EXERCISE BRIEF
How many lines below hold the string "back"? Report that number alone.

Saved data entries
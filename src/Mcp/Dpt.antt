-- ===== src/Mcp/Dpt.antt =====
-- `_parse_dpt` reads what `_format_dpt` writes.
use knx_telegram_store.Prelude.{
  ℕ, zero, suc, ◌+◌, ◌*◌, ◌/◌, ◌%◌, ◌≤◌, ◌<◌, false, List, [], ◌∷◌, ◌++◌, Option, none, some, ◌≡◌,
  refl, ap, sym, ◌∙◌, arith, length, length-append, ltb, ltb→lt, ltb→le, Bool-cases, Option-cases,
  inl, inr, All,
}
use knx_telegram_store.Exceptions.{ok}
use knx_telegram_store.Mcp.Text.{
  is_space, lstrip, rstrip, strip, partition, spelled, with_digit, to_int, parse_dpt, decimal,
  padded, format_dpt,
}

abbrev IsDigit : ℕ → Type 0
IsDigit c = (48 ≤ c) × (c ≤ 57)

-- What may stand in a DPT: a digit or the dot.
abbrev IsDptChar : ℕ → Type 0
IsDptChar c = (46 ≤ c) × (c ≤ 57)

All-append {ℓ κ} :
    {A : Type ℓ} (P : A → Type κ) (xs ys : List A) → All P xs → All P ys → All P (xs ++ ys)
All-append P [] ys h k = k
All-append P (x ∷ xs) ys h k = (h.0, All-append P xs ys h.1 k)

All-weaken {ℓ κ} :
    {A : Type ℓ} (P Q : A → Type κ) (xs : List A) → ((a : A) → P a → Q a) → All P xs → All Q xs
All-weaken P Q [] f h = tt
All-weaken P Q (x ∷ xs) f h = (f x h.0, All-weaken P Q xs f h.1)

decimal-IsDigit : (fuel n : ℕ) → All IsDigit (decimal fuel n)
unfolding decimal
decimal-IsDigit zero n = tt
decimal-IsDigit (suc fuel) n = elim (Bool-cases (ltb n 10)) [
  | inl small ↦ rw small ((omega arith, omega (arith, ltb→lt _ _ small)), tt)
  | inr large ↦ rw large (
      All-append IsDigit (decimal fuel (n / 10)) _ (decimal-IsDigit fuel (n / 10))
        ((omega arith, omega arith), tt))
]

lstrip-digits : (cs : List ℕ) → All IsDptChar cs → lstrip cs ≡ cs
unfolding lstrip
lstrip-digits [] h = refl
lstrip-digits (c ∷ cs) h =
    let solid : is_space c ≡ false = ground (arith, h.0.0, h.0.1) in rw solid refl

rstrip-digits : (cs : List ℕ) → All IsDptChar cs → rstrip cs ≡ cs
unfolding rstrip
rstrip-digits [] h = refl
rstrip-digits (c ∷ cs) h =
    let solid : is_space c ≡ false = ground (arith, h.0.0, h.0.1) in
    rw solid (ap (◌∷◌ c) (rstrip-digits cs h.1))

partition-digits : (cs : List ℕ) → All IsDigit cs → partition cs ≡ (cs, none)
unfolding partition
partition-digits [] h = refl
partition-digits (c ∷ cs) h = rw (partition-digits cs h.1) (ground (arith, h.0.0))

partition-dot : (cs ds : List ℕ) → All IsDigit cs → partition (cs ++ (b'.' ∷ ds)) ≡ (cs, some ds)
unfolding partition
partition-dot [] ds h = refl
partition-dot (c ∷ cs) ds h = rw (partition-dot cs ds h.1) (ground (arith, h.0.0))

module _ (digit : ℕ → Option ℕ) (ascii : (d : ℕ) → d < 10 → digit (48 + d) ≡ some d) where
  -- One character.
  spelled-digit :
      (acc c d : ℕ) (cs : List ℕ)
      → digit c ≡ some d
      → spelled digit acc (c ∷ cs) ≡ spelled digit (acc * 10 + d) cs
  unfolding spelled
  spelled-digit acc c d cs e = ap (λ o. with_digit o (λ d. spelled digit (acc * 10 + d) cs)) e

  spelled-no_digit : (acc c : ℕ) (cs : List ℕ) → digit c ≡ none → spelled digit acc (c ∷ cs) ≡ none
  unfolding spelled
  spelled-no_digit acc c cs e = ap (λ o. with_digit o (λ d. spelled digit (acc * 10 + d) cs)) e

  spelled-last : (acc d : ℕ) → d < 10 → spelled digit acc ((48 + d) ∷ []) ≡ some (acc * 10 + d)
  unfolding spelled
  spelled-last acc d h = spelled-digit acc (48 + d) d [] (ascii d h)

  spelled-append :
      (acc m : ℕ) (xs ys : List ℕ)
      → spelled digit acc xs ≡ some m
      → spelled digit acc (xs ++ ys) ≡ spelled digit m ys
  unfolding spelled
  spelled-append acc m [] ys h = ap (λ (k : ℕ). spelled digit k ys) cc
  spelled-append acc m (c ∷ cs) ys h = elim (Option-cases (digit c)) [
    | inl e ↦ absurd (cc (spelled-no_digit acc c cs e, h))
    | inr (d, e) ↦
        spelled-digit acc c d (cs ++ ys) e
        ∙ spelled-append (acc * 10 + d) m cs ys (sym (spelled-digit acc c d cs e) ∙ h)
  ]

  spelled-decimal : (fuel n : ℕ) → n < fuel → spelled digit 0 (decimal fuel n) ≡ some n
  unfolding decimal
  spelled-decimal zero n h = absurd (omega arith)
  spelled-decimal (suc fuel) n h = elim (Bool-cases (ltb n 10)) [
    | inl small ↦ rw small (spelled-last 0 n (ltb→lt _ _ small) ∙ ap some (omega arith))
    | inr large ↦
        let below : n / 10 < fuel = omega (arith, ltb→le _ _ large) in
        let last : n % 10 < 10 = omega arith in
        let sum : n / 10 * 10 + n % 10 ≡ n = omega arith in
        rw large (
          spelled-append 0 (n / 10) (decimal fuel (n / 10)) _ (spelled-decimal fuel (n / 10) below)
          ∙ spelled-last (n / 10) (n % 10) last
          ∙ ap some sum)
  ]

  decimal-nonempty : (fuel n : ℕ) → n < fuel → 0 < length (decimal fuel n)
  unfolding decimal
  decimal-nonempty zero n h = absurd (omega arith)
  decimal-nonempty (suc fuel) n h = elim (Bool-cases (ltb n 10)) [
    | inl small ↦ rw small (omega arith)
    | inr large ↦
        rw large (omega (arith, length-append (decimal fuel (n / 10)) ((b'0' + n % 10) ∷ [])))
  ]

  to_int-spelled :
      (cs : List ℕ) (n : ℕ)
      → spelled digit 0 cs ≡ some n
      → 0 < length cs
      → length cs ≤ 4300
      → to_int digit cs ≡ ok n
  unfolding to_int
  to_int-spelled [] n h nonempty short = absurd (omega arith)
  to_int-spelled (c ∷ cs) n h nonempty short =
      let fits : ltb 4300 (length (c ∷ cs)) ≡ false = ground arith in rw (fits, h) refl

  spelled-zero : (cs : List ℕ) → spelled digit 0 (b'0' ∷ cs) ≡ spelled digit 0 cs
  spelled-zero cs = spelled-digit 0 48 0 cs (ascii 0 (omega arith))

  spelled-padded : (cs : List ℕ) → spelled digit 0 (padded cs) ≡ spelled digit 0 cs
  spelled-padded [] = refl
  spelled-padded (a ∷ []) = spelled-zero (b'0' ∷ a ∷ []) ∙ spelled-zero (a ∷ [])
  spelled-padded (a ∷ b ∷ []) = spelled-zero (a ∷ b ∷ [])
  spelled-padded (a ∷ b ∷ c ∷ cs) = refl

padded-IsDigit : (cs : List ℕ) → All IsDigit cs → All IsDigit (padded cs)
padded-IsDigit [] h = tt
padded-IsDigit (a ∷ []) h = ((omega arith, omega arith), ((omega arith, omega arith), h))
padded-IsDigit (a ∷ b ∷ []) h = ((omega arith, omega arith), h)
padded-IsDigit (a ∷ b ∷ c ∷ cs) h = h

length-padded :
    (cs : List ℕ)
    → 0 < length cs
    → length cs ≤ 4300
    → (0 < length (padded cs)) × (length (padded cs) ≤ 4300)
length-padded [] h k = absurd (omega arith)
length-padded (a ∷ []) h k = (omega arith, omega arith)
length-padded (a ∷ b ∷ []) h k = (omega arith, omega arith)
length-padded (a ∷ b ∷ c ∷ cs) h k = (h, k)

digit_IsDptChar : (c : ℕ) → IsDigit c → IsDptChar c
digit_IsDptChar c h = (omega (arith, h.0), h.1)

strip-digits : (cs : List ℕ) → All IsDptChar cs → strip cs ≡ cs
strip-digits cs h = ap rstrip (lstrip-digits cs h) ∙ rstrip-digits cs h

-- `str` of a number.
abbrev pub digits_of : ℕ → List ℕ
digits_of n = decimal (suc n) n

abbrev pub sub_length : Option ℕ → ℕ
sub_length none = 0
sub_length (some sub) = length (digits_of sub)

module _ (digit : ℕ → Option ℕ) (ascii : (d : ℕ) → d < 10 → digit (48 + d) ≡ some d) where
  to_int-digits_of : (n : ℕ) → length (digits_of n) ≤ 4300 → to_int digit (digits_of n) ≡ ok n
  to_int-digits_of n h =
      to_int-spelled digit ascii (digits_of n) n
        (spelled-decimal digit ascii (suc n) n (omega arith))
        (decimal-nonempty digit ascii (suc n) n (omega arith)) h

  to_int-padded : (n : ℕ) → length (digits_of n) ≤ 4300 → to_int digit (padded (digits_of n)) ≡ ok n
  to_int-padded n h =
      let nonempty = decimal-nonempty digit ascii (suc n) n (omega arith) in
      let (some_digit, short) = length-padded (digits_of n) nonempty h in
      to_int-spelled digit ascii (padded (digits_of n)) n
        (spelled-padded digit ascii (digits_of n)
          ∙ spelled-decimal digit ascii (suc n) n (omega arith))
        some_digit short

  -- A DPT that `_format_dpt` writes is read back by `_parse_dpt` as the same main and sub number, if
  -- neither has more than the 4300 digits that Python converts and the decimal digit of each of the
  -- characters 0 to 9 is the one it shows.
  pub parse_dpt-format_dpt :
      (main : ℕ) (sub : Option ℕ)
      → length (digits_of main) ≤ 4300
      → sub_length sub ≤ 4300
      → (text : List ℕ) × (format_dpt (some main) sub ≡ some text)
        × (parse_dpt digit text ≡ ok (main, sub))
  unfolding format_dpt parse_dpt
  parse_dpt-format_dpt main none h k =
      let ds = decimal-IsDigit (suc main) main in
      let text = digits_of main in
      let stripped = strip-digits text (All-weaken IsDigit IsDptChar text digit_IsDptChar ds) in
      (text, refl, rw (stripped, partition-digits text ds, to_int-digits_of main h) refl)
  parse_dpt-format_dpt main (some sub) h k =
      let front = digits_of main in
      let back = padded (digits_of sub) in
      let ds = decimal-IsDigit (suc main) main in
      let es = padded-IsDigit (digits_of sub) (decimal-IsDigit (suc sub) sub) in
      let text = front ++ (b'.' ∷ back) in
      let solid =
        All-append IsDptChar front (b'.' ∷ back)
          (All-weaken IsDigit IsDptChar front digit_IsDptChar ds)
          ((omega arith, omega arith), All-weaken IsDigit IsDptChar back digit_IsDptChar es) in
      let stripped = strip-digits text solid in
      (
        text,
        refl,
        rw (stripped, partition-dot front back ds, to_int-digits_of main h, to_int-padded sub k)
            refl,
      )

EXERCISE ANSWER
6